# Beretta 92FS Compact -- Thin Grips



## mkpropst (Feb 9, 2014)

Received a 92FS Compact for Christmas and I'd like to replace the factory grips with something thinner, if possible. Does anyone know of a grip manufacturer that makes thin grips for the Compact? I've found some for the full-size but nothing confirmed for the Compact.


----------



## paratrooper (Feb 1, 2012)

You might check with Guns for Sale - Online Gun Auction - Buy Guns at GunBroker.com

Do a search under handgun accessories. If you do find something, you'll have to sign-up and become a registered member.

I did find this: http://www.gunbroker.com/Auction/ViewItem.aspx?Item=390874889

They are rubber instead of hard plastic, and they might be a bit thinner.


----------



## Shipwreck (Jan 26, 2006)

I previously had two compact Berettas. There are aftermarket grip options, but not as many as the fullsize model has.

There are no thinner ones than the factory grips for the compact.

Me personally, I like rubber grips on my handguns. Hogue makes rubber grip panels for the 92 compact. Unfortunately, for some strange reason, they are tapered differently than the fullsize Hogue grips.. So, they are essentially fatter. The fullsize Hogue grip panels are perfect for my hand. The compact ones made the grip too fat. 

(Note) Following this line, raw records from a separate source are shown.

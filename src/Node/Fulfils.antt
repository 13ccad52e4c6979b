-- ===== src/Node/Fulfils.antt =====
-- The handlers of the node server, one request after the other, and the contract of each.
use csi_runtime.Base.{Bool, List, [], ◌∷◌}
use csi_runtime.Node.Requests.{Request, Service, handle}
use csi_runtime.Node.Mounts.{TellsMounts, is_ok}
use csi_runtime.Node.Staged.{NamesSources}
use csi_runtime.Node.Contract
use csi_runtime.Node.Contract.{Course, Named, Allows-Named}
use csi_runtime.Node.Obeys.{stacks, Fits, handle-Allows}
use csi_runtime.Node.World.{Oracle, World, run}

abbrev pub AllFit : Oracle → List Request → Type 0
AllFit o [] = Unit {0}
AllFit o (r ∷ rs) = Fits o r × AllFit o rs

-- Requests that are handled one after the other.
unfoldable pub served : Oracle → Service → List Request → World → World
served o s [] w = w
served o s (r ∷ rs) w = served o s rs (run o (handle s r) w).1

-- Each request with whether it succeeded.
unfoldable pub outcomes : Oracle → Service → List Request → World → List (Request × Bool)
outcomes o s [] w = []
outcomes o s (r ∷ rs) w = let v = run o (handle s r) w in (r, is_ok v.0) ∷ outcomes o s rs v.1

module _ (o : Oracle) (s : Service) (names : NamesSources o) (tells : TellsMounts o) where
  -- `IsLikelyNotMountPoint` tells what is mounted, the manager names the source of a mount, and every
  -- source that is mounted at first has a name; a path that is unstaged is no device and no link, and the
  -- list of the mounts tells what is mounted there. Then, whatever requests are handled one after the
  -- other, whatever their results, each did to the mounts what its contract allows: a stage adds at most
  -- one source to the staging path, and one when it succeeds for a volume to mount of a manager without
  -- `Populate`; a publish of a volume to mount adds the staging path to the target path exactly when it
  -- succeeds and nothing was mounted there; an unpublish and an unstage take the newest source from their
  -- path when they succeed, and else that or nothing; no other path changes.
  pub handlers_refine :
      (rs : List Request) (w : World)
      → AllFit o rs
      → Named (stacks w)
      → Course s.server.manager.populates (outcomes o s rs w) (stacks w) (stacks (served o s rs w))
  unfolding outcomes served
  handlers_refine [] w fit named = Contract.ended _
  handlers_refine (r ∷ rs) w (fits, fit) named =
      let allowed = handle-Allows o s names tells r w fits named in
      Contract.goes_on r _ _ _ _ _ allowed
        (handlers_refine rs _ fit (Allows-Named _ r _ _ _ allowed named))
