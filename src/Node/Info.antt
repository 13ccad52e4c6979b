-- ===== src/Node/Info.antt =====
-- The calls of node/nodeserver.go that do not touch a volume.
use csi_runtime.Base.{String, List, [], ◌∷◌, ◌++◌, Option, Result, ok, err, ℤ, if◌then◌else◌}
use csi_runtime.Rpc.{Error, status, unimplemented}
use csi_runtime.Csi.{Context}
use csi_runtime.Node.Server.{Server}

-- `NodeServiceCapability_RPC_Type`, as far as the source names it
pub data NodeCapability : Type 0 where
  stage_unstage_volume expand_volume : NodeCapability

pub record NodeGetInfoResponse : Type 0 where
  pub node_id : String
  pub max_volumes_per_node : ℤ
  pub accessible_topology : Option Context

module _ (ns : Server) where
  -- `NodeGetCapabilities`
  unfoldable pub node_get_capabilities : Result Error (List NodeCapability)
  node_get_capabilities =
      let cap : List NodeCapability = stage_unstage_volume ∷ [] in
      ok (if ns.manager.expands then cap ++ (expand_volume ∷ []) else cap)

  -- `NodeGetVolumeStats`
  unfoldable pub node_get_volume_stats : Result Error (Unit {0})
  node_get_volume_stats = err (status unimplemented "NodeGetVolumeStats not implemented" [])

  -- `NodeExpandVolume`
  unfoldable pub node_expand_volume : Result Error (Unit {0})
  node_expand_volume = err (status unimplemented "NodeExpandVolume not implemented" [])

  -- `NodeGetInfo`
  unfoldable pub node_get_info : Result Error NodeGetInfoResponse
  node_get_info = ok (record {
    node_id = ns.node_id;
    max_volumes_per_node = ns.max_volumes_per_node;
    accessible_topology = ns.segments;
  })
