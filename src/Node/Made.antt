-- ===== src/Node/Made.antt =====
-- What a node server that was made advertises.
use csi_runtime.Base.{
  String, ◌≡◌, ◌↔◌, Bool, true, false, ◌||◌, List, [], ◌∷◌, none, Result, ok, err, ℤ, arith,
}
use csi_runtime.Rpc.{Error, status, unimplemented}
use csi_runtime.Node.Server.{Manager, Server, new}
use csi_runtime.Node.Info.{
  NodeCapability, stage_unstage_volume, expand_volume, node_get_capabilities, node_expand_volume,
  node_get_info,
}

-- `New` makes a server exactly when the mounter was made and the manager has `Mount`, `Populate` or
-- `Block`, and a server that it made answers `NodeGetInfo` with the node ID and the limit that it was
-- made with, and no topology.
new_lem :
    (mounter : Result Error (Unit {0})) (node_id : String) (max : ℤ) (manager : Manager)
    → ((new mounter node_id max manager
          ≡ ok (record {
            node_id = node_id;
            manager = manager;
            max_volumes_per_node = max;
            segments = none;
          }))
        ↔ ((mounter ≡ ok tt) × ((manager.mounts || (manager.populates || manager.blocks)) ≡ true)))
      × ((ns : Server)
          → new mounter node_id max manager ≡ ok ns
          → node_get_info ns
            ≡ ok (record {
              node_id = node_id;
              max_volumes_per_node = max;
              accessible_topology = none;
            }))
unfolding new node_get_info
new_lem mounter node_id max manager = (ground arith, λ ns h. ground arith)

-- Whether an answer of `NodeGetCapabilities` lists the expansion of volumes.
abbrev pub lists_expand : List NodeCapability → Bool
lists_expand [] = false
lists_expand (expand_volume ∷ cs) = true
lists_expand (stage_unstage_volume ∷ cs) = lists_expand cs

-- The expansion of volumes is advertised exactly when the manager has `Expand`, and `NodeExpandVolume`
-- is unimplemented all the same.
expand_is_advertised :
    (ns : Server) (caps : List NodeCapability)
    → node_get_capabilities ns ≡ ok caps
    → (lists_expand caps ≡ ns.manager.expands)
      × (node_expand_volume ns ≡ err (status unimplemented "NodeExpandVolume not implemented" []))
unfolding node_get_capabilities node_expand_volume
expand_is_advertised ns caps h = ground arith
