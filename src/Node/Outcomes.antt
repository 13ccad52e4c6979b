-- ===== src/Node/Outcomes.antt =====
-- What the handlers have done when they return.
pub mod Stage
pub mod Publish
pub mod Unstage
pub mod Checks
pub mod Succeeds
pub mod Unstages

Anyway, I spent a lot of time looking for different grips for the 92 compact. The are some older rubber grips no longer made, but they were too fat too (i found a used set online). And, all the wooden grips you will find will be thicker than factory grips. There are no aluminum grips made for the compact model. Some say these are thinner than factory for the fullsize 92, but that won't help you unfortunately... Since they are only made for the bigger 92.


----------



## mkpropst (Feb 9, 2014)

*Thanks. What about Hogue Aluminum?*



Shipwreck said:


> I previously had two compact Berettas. There are aftermarket grip options, but not as many as the fullsize model has.
> 
> There are no thinner ones than the factory grips for the compact.
> 
> ...


Thanks for the help.....but you mention aluminum grips as a possibility. Hogue advertises an "Extreme" line of aluminum Hogue grips for the 92 Compact that comes in various colors and checkering. Heard anything about them?


----------



## mkpropst (Feb 9, 2014)

paratrooper said:


> You might check with Guns for Sale - Online Gun Auction - Buy Guns at GunBroker.com
> 
> Do a search under handgun accessories. If you do find something, you'll have to sign-up and become a registered member.
> 
> ...


Thanks for the tip. I looked on Gunbroker for Trausch grips as I understand they are the thinnest grips available. Unfortunately, they're very hard to find. I checked out the Hogue grips and currently have an iquiry into Hogue as to whether or not they would be any thinner than their stock grips. Will let you know what I hear.


----------



## Scorpion8 (Jan 29, 2011)

Look for Navidrex (NAVIDREX) as they make super-thin yet extremely stiff and well checkered grips for the Browning HiPowers.


----------



## Shipwreck (Jan 26, 2006)

mkpropst said:


> Thanks for the help.....but you mention aluminum grips as a possibility. Hogue advertises an "Extreme" line of aluminum Hogue grips for the 92 Compact that comes in various colors and checkering. Heard anything about them?


If they DO make them for the compact - then they started since I had mine, I believe.

Yes, they should be a little, little bit thinner. Grips can't get much thinner - but yea, they may work for you.


----------



## Scorpion8 (Jan 29, 2011)

There was also a thread on here (or elsewhere) about laying up grips using fiberglas resin and dungaree material or fabric, and in that case you could make them customized as thick or thin as you wanted. A nice winter shop project.


----------



## denner (Jun 3, 2011)

I don't know if you are going to find thinner than stock grips.


----------